:: WHAT TO PRODUCE ::
Entries follow. Give back exactly the lines starting at the one containing "unfolding kept fallback_now times count" and ending at the one containing "kept-make_room size (j", and no other lines.

:: INFORMATION PROVIDED ::

-- ===== src/Finalize/Threads.antt =====
-- The queue between threads: the callers that submit, the worker, and those that drain. A step is
-- what one of them does under the lock, or the finish of a job outside of it.
use wardex_sdk.Prelude.{
  ℕ, ◌+◌, ◌-◌, ◌≡◌, Bool, true, false, none, some, List, [], ◌∷◌, ◌++◌, nat_eq, if◌then◌else◌,
}
use wardex_sdk.Finalize.Queue.{FinalizeQueue, Job, pop_left, fallback_now, submit}
use wardex_sdk.Finalize.Drain.{run_one, stop, at_fork_reinit}
use wardex_sdk.Assembly.Integrity.{Limitation}

-- The queue with the jobs that threads have taken and not finished: the worker's, and those of the
-- threads that drain. `to_parent` has what forks left to the process that forked.
pub record Threads : Type 0 where
  pub queue : FinalizeQueue
  pub at_worker : List Job
  pub at_drains : List Job
  pub to_parent : List Job

-- The first block of `_run_pending`, which the worker of process `pid` enters.
unfoldable pub worker_take : ℕ → List Job → Threads → Threads
unfolding pop_left
worker_take pid [] t = t
worker_take pid (j ∷ rest) t =
    let q = pop_left (j ∷ rest) t.queue in
    if t.queue.stopping then t else record t {
      queue = record q { in_flight = q.in_flight + 1; in_flight_pid = some pid };
      at_worker = j ∷ t.at_worker;
    }

-- The pid after a decrement.
unfoldable pub settle_pid : FinalizeQueue → FinalizeQueue
settle_pid q = if nat_eq q.in_flight 0 then record q { in_flight_pid = none } else q

-- `_run_one` and the block that follows it, for a job of the worker, with those it is left with.
unfoldable pub worker_finish : Job → List Job → Threads → Threads
unfolding run_one settle_pid
worker_finish j rest t =
    let q = run_one j t.queue in
    record t { queue = settle_pid (record q { in_flight = q.in_flight - 1 }); at_worker = rest }

-- The pop of either loop of `drain_all`.
unfoldable pub drain_take : List Job → Threads → Threads
unfolding pop_left
drain_take [] t = t
drain_take (j ∷ rest) t = record t {
  queue = pop_left (j ∷ rest) t.queue;
  at_drains = t.at_drains ++ (j ∷ []);
}

-- A drain finishes a job by its parse, or without it where the process is ending.
unfoldable pub drain_finish : Bool → Job → List Job → Threads → Threads
unfolding run_one fallback_now
drain_finish true j rest t = record t { queue = run_one j t.queue; at_drains = rest }
drain_finish false j rest t =
    let q = record t.queue { shut_down = t.queue.shut_down + 1 } in
    record t { queue = fallback_now Limitation.parse_skipped_at_shutdown j q; at_drains = rest }

-- A fork, in the child: no thread crosses it.
unfoldable pub fork : Threads → Threads
unfolding at_fork_reinit
fork t = record {
  queue = at_fork_reinit t.queue;
  at_worker = [];
  at_drains = [];
  to_parent = t.queue.entries ++ (t.at_worker ++ (t.at_drains ++ t.to_parent));
}

-- What a thread may do next, with the jobs that it submits.
pub data Step (t : Threads) : List Job → Threads → Type 0 where
  submitted : (j : Job) → Step t (j ∷ []) (record t { queue = submit j t.queue })
  worker_took : (pid : ℕ) → Step t [] (worker_take pid t.queue.entries t)
  worker_finished :
      (j : Job) (front back : List Job)
      → t.at_worker ≡ front ++ (j ∷ back)
      → Step t [] (worker_finish j (front ++ back) t)
  drain_took : Step t [] (drain_take t.queue.entries t)
  drain_finished :
      (parse : Bool) (j : Job) (front back : List Job)
      → t.at_drains ≡ front ++ (j ∷ back)
      → Step t [] (drain_finish parse j (front ++ back) t)
  stopped : Step t [] (record t { queue = stop t.queue })
  forked : Step t [] (fork t)

-- The queue as `__init__` makes it.
unfoldable pub fresh_queue : ℕ → ℕ → FinalizeQueue
fresh_queue max_jobs max_bytes = record {
  max_jobs = max_jobs;
  max_bytes = max_bytes;
  entries = [];
  bytes = 0;
  stopping = false;
  in_flight = 0;
  in_flight_pid = none;
  evicted = 0;
  shut_down = 0;
  finished = [];
}

unfoldable pub fresh : ℕ → ℕ → Threads
unfolding fresh_queue
fresh max_jobs max_bytes = record {
  queue = fresh_queue max_jobs max_bytes;
  at_worker = [];
  at_drains = [];
  to_parent = [];
}

-- The states that the queue gets to, with all jobs submitted so far.
pub data Reach (max_jobs max_bytes : ℕ) : List Job → Threads → Type 0 where
  start : Reach max_jobs max_bytes [] (fresh max_jobs max_bytes)
  later :
      (js ks : List Job) (t u : Threads)
      → Reach max_jobs max_bytes js t
      → Step t ks u
      → Reach max_jobs max_bytes (ks ++ js) u
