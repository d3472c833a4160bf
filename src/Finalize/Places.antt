-- ===== src/Finalize/Places.antt =====
-- Where the submitted jobs are, between any threads.
use wardex_sdk.Prelude.{
  ℕ, ◌+◌, ◌-◌, ◌≡◌, ◌∙◌, refl, ap, inl, inr, Bool, true, false, none, List, [], ◌∷◌, ◌++◌, ltb,
  nat_eq, arith, Bool-cases, if◌then◌else◌,
}
use wardex_sdk.Finalize.Queue.{
  FinalizeQueue, Job, Finish, ran, fell_back, pop_left, fallback_now, evict_left, is_full_for,
  make_room, append_entry, submit,
}
use wardex_sdk.Finalize.Drain.{run_one, stop, at_fork_reinit}
use wardex_sdk.Finalize.Threads.{
  Threads, fork, worker_take, worker_finish, settle_pid, drain_take, drain_finish, Step, submitted,
  worker_took, worker_finished, drain_took, drain_finished, stopped, forked, fresh_queue, fresh,
  Reach, start, later,
}
use wardex_sdk.Assembly.Integrity.{Limitation}

module _ (k : ℕ) where
  -- How often the job is in a list.
  unfoldable pub count : List Job → ℕ
  count [] = 0
  count (j ∷ js) = (if nat_eq j.jid k then 1 else 0) + count js

  -- How often it was finished.
  unfoldable pub times : List Finish → ℕ
  times [] = 0
  times (ran j ∷ fs) = (if nat_eq j.jid k then 1 else 0) + times fs
  times (fell_back l j ∷ fs) = (if nat_eq j.jid k then 1 else 0) + times fs

  -- How often the queue has it or has finished it.
  unfoldable pub kept : FinalizeQueue → ℕ
  unfolding count times
  kept q = count q.entries + times q.finished

  -- How often it is anywhere: queued, finished, taken, or left to the parent by a fork.
  unfoldable pub places : Threads → ℕ
  unfolding kept
  places t = kept t.queue + count t.at_worker + count t.at_drains + count t.to_parent

  count-append : (js ls : List Job) → count (js ++ ls) ≡ count js + count ls
  unfolding count
  count-append [] ls = omega arith
  count-append (j ∷ js) ls = omega (arith, count-append js ls)

  kept_if :
      (b : Bool) (q r : FinalizeQueue) {n : ℕ}
      → kept q ≡ n
      → kept r ≡ n
      → kept (if b then q else r) ≡ n
  kept_if true q r h i = h
  kept_if false q r h i = i

  entries-evicted :
      (j : Job) (rest : List Job) (q : FinalizeQueue) → (evict_left (j ∷ rest) q).entries ≡ rest
  unfolding evict_left pop_left fallback_now
  entries-evicted j rest q = refl

  kept-evict :
      (j : Job) (rest : List Job) (q : FinalizeQueue)
      → q.entries ≡ j ∷ rest
      → kept (evict_left (j ∷ rest) q) ≡ kept q
  unfolding kept evict_left pop_left fallback_now times count
  kept-evict j rest q e = omega (arith, ap count e)

  kept-append_entry :
      (j : Job) (q : FinalizeQueue) → kept (append_entry j q) ≡ kept q + count (j ∷ [])
  unfolding kept append_entry
  kept-append_entry j q = omega (arith, count-append q.entries (j ∷ []))

  kept-oversize :
      (j : Job) (q : FinalizeQueue)
      → kept (fallback_now Limitation.parse_backlog_full j (record q { evicted = q.evicted + 1 }))
        ≡ kept q + count (j ∷ [])
  unfolding kept fallback_now times count
  kept-oversize j q = omega arith

  kept-make_room :
      (size : ℕ) (js : List Job) (q : FinalizeQueue)
      → q.entries ≡ js
      → kept (make_room size js q) ≡ kept q
  unfolding make_room
  kept-make_room size [] q e = refl
  kept-make_room size (j ∷ rest) q e =
      kept_if (is_full_for size q) (make_room size rest (evict_left (j ∷ rest) q)) q
        (kept-make_room size rest (evict_left (j ∷ rest) q) (entries-evicted j rest q)
          ∙ kept-evict j rest q e)
        refl

  kept-submit : (j : Job) (q : FinalizeQueue) → kept (submit j q) ≡ kept q + count (j ∷ [])
  unfolding submit
  kept-submit j q =
      kept_if (ltb q.max_bytes j.size)
        (fallback_now Limitation.parse_backlog_full j (record q { evicted = q.evicted + 1 }))
        (append_entry j (make_room j.size q.entries q)) (kept-oversize j q)
        (omega (
          arith,
          kept-append_entry j (make_room j.size q.entries q),
          kept-make_room j.size q.entries q refl,
        ))

  kept-settle_pid : (q : FinalizeQueue) → kept (settle_pid q) ≡ kept q
  unfolding settle_pid
  kept-settle_pid q =
      kept_if (nat_eq q.in_flight 0) (record q { in_flight_pid = none }) q (kept_pid q) refl
    where
      kept_pid : (q : FinalizeQueue) → kept (record q { in_flight_pid = none }) ≡ kept q
      kept_pid q = unfold kept in refl

  kept-run_one :
      (j : Job) (n : ℕ) (q : FinalizeQueue)
      → kept (record (run_one j q) { in_flight = n }) ≡ kept q + count (j ∷ [])
  unfolding kept run_one times count
  kept-run_one j n q = omega arith

  places_if :
      (b : Bool) (t u : Threads) {n : ℕ}
      → places t ≡ n
      → places u ≡ n
      → places (if b then t else u) ≡ n
  places_if true t u h i = h
  places_if false t u h i = i

  places-worker_take :
      (pid : ℕ) (js : List Job) (t : Threads)
      → t.queue.entries ≡ js
      → places (worker_take pid js t) ≡ places t
  unfolding places worker_take pop_left kept count
  places-worker_take pid [] t e = refl
  places-worker_take pid (j ∷ rest) t e = elim (Bool-cases t.queue.stopping) [
    | inl s ↦ rw s refl
    | inr s ↦ rw s (omega (arith, ap count e))
  ]

  places-drain_take :
      (js : List Job) (t : Threads) → t.queue.entries ≡ js → places (drain_take js t) ≡ places t
  unfolding places drain_take pop_left kept count
  places-drain_take [] t e = refl
  places-drain_take (j ∷ rest) t e = omega (arith, ap count e, count-append t.at_drains (j ∷ []))

  places-worker_finish :
      (j : Job) (front back : List Job) (t : Threads)
      → t.at_worker ≡ front ++ (j ∷ back)
      → places (worker_finish j (front ++ back) t) ≡ places t
  unfolding places worker_finish
  places-worker_finish j front back t e = omega (
    arith,
    kept-settle_pid (record (run_one j t.queue) { in_flight = t.queue.in_flight - 1 }),
    kept-run_one j (t.queue.in_flight - 1) t.queue,
    ap count e,
    count-append front (j ∷ back),
    count-append front back,
    count-append (j ∷ []) back,
  )

  places-drain_finish :
      (parse : Bool) (j : Job) (front back : List Job) (t : Threads)
      → t.at_drains ≡ front ++ (j ∷ back)
      → places (drain_finish parse j (front ++ back) t) ≡ places t
  unfolding places drain_finish kept run_one fallback_now times count
  places-drain_finish true j front back t e =
      omega (arith, ap count e, count-append front (j ∷ back), count-append front back)
  places-drain_finish false j front back t e =
      omega (arith, ap count e, count-append front (j ∷ back), count-append front back)

  count-fork :
      (t : Threads)
      → count (fork t).to_parent
        ≡ count t.queue.entries + (count t.at_worker + (count t.at_drains + count t.to_parent))
  unfolding fork
  count-fork t =
      count-append t.queue.entries (t.at_worker ++ (t.at_drains ++ t.to_parent))
      ∙ ap (λ n. count t.queue.entries + n)
          (count-append t.at_worker (t.at_drains ++ t.to_parent)
            ∙ ap (λ n. count t.at_worker + n) (count-append t.at_drains t.to_parent))

  places-fork : (t : Threads) → places (fork t) ≡ places t
  unfolding places fork at_fork_reinit kept count
  places-fork t = omega (arith, count-fork t)

  no_more : {m n : ℕ} → m ≡ n → m ≡ n + count []
  unfolding count
  no_more h = omega (arith, h)

  places-Step : (ks : List Job) (t u : Threads) → Step t ks u → places u ≡ places t + count ks
  unfolding places
  places-Step _ t _ (submitted j) = omega (arith, kept-submit j t.queue)
  places-Step _ t _ (worker_took pid) = no_more (places-worker_take pid t.queue.entries t refl)
  places-Step _ t _ (worker_finished j front back e) =
      no_more (places-worker_finish j front back t e)
  places-Step _ t _ drain_took = no_more (places-drain_take t.queue.entries t refl)
  places-Step _ t _ (drain_finished parse j front back e) =
      no_more (places-drain_finish parse j front back t e)
  places-Step _ t _ stopped = no_more (unfold stop kept in refl)
  places-Step _ t _ forked = no_more (places-fork t)

-- Whatever threads do, and in whatever order, a job is as often queued, taken, finished or left to
-- the parent by a fork as it was submitted: none is lost, and none is finished twice.
pub places-Reach :
    (k max_jobs max_bytes : ℕ) (js : List Job) (t : Threads)
    → Reach max_jobs max_bytes js t
    → places k t ≡ count k js
unfolding fresh fresh_queue places kept count times
places-Reach k max_jobs max_bytes _ _ start = refl
places-Reach k max_jobs max_bytes _ _ (later js ks t u r s) =
    omega (
      arith,
      count-append k ks js,
      places-Step k ks t u s,
      places-Reach k max_jobs max_bytes js t r,
    )
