-- ===== src/Finalize/Room.antt =====
-- The queue's bounds, and the byte count, of one thread's operations.
use wardex_sdk.Prelude.{
  ℕ, ◌+◌, ◌≤◌, ◌<◌, max, ◌≡◌, ◌⊎◌, ◌∙◌, refl, ap, inl, inr, Bool, true, false, List, [], ◌∷◌, ◌++◌,
  length, length-append, ltb, arith, Bool-cases, if◌then◌else◌,
}
use wardex_sdk.Finalize.Queue.{
  FinalizeQueue, Job, pop_left, fallback_now, evict_left, is_full_for, make_room, append_entry,
  submit,
}
use wardex_sdk.Assembly.Integrity.{Limitation}

-- The bytes of the jobs of a list.
unfoldable pub total : List Job → ℕ
total [] = 0
total (j ∷ js) = j.size + total js

total-append : (js ks : List Job) → total (js ++ ks) ≡ total js + total ks
unfolding total
total-append [] ks = omega arith
total-append (j ∷ js) ks = omega (arith, total-append js ks)

-- What a queue keeps to: its byte count is its jobs' sizes, and both bounds hold. A bound of 0 jobs
-- acts as 1.
abbrev pub Fits : List Job → ℕ → ℕ → ℕ → Type 0
Fits entries bytes max_jobs max_bytes =
    (bytes ≡ total entries) × (length entries ≤ max 1 max_jobs) × (bytes ≤ max_bytes)

abbrev pub IsQueue : FinalizeQueue → Type 0
IsQueue q = Fits q.entries q.bytes q.max_jobs q.max_bytes

-- A job fits: the queue is empty, or it is not full.
abbrev Room : ℕ → FinalizeQueue → Type 0
Room size q = (q.entries ≡ []) ⊎ ((length q.entries < q.max_jobs) × (q.bytes + size ≤ q.max_bytes))

not_full :
    (size : ℕ) (q : FinalizeQueue)
    → is_full_for size q ≡ false
    → (length q.entries < q.max_jobs) × (q.bytes + size ≤ q.max_bytes)
unfolding is_full_for
not_full size q e = (ground arith, ground arith)

entries-evict :
    (j : Job) (rest : List Job) (q : FinalizeQueue) → (evict_left (j ∷ rest) q).entries ≡ rest
unfolding evict_left pop_left fallback_now
entries-evict j rest q = refl

bytes-evict :
    (j : Job) (rest : List Job) (q : FinalizeQueue)
    → q.entries ≡ j ∷ rest
    → q.bytes ≡ total q.entries
    → (evict_left (j ∷ rest) q).bytes ≡ total (evict_left (j ∷ rest) q).entries
unfolding evict_left pop_left fallback_now total
bytes-evict j rest q e same = omega (arith, same, ap total e)

jobs-evict :
    (j : Job) (rest : List Job) (q : FinalizeQueue)
    → (evict_left (j ∷ rest) q).max_jobs ≡ q.max_jobs
unfolding evict_left pop_left fallback_now
jobs-evict j rest q = refl

bound-evict :
    (j : Job) (rest : List Job) (q : FinalizeQueue)
    → (evict_left (j ∷ rest) q).max_bytes ≡ q.max_bytes
unfolding evict_left pop_left fallback_now
bound-evict j rest q = refl

-- What the loop of `submit` makes: room, a byte count that is right, and the bounds unchanged.
pub make_room-Room :
    (size : ℕ) (js : List Job) (q : FinalizeQueue)
    → q.entries ≡ js
    → q.bytes ≡ total q.entries
    → Room size (make_room size js q)
      × ((make_room size js q).bytes ≡ total (make_room size js q).entries)
      × ((make_room size js q).max_jobs ≡ q.max_jobs)
      × ((make_room size js q).max_bytes ≡ q.max_bytes)
unfolding make_room
make_room-Room size [] q e same = (inl e, same, refl, refl)
make_room-Room size (j ∷ rest) q e same = elim (Bool-cases (is_full_for size q)) [
  | inl full ↦
      let rests =
        make_room-Room size rest (evict_left (j ∷ rest) q) (entries-evict j rest q)
          (bytes-evict j rest q e same) in
      rw full (rests.0, rests.1, rests.2 ∙ jobs-evict j rest q, rests.3 ∙ bound-evict j rest q)
  | inr room ↦ rw room (inr (not_full size q room), same, refl, refl)
]

append_entry-IsQueue :
    (j : Job) (q : FinalizeQueue)
    → Room j.size q
    → q.bytes ≡ total q.entries
    → j.size ≤ q.max_bytes
    → IsQueue (append_entry j q)
unfolding append_entry total
append_entry-IsQueue j q room same small =
    let joined = length-append q.entries (j ∷ []) in
    (
      omega (arith, same, total-append q.entries (j ∷ [])),
      elim room [ inl e ↦ omega (arith, ap length e, joined) | inr h ↦ omega (arith, h.0, joined) ],
      elim room [ inl e ↦ omega (arith, ap total e, same, small) | inr h ↦ omega (arith, h.1) ],
    )

pub IsQueue-if :
    (b : Bool) (q r : FinalizeQueue)
    → (b ≡ true → IsQueue q)
    → (b ≡ false → IsQueue r)
    → IsQueue (if b then q else r)
IsQueue-if true q r h k = h refl
IsQueue-if false q r h k = k refl

pub submit-IsQueue : (j : Job) (q : FinalizeQueue) → IsQueue q → IsQueue (submit j q)
unfolding submit fallback_now
submit-IsQueue j q h =
    let made = make_room-Room j.size q.entries q refl h.0 in
    IsQueue-if (ltb q.max_bytes j.size)
      (fallback_now Limitation.parse_backlog_full j (record q { evicted = q.evicted + 1 }))
      (append_entry j (make_room j.size q.entries q)) (λ big. h)
      (λ small.
        append_entry-IsQueue j (make_room j.size q.entries q) made.0 made.1
          (omega (arith, made.3, fits_bound j.size q.max_bytes small)))
  where
    fits_bound : (size bound : ℕ) → ltb bound size ≡ false → size ≤ bound
    fits_bound size bound e = ground arith

pop_left-IsQueue :
    (js : List Job) (q : FinalizeQueue) → q.entries ≡ js → IsQueue q → IsQueue (pop_left js q)
unfolding pop_left total
pop_left-IsQueue [] q e h = h
pop_left-IsQueue (j ∷ rest) q e h =
    (omega (arith, h.0, ap total e), omega (arith, h.1, ap length e), omega (arith, h.2))

pub in_flight_if :
    (b : Bool) (q r : FinalizeQueue) {n : ℕ}
    → q.in_flight ≡ n
    → r.in_flight ≡ n
    → (if b then q else r).in_flight ≡ n
in_flight_if true q r h k = h
in_flight_if false q r h k = k

in_flight-make_room :
    (size : ℕ) (js : List Job) (q : FinalizeQueue) → (make_room size js q).in_flight ≡ q.in_flight
unfolding make_room evict_left pop_left fallback_now
in_flight-make_room size [] q = refl
in_flight-make_room size (j ∷ rest) q =
    in_flight_if (is_full_for size q) (make_room size rest (evict_left (j ∷ rest) q)) q
      (in_flight-make_room size rest (evict_left (j ∷ rest) q)) refl

pub in_flight-submit : (j : Job) (q : FinalizeQueue) → (submit j q).in_flight ≡ q.in_flight
unfolding submit fallback_now append_entry
in_flight-submit j q =
    in_flight_if (ltb q.max_bytes j.size)
      (fallback_now Limitation.parse_backlog_full j (record q { evicted = q.evicted + 1 }))
      (append_entry j (make_room j.size q.entries q)) refl (in_flight-make_room j.size q.entries q)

:: EXERCISE ANSWER ::
  unfolding kept fallback_now times count
  kept-oversize j q = omega arith

  kept-make_room :
      (size : ℕ) (js : List Job) (q : FinalizeQueue)
      → q.entries ≡ js
      → kept (make_room size js q) ≡ kept q
  unfolding make_room
  kept-make_room size [] q e = refl
  kept-make_room size (j ∷ rest) q e =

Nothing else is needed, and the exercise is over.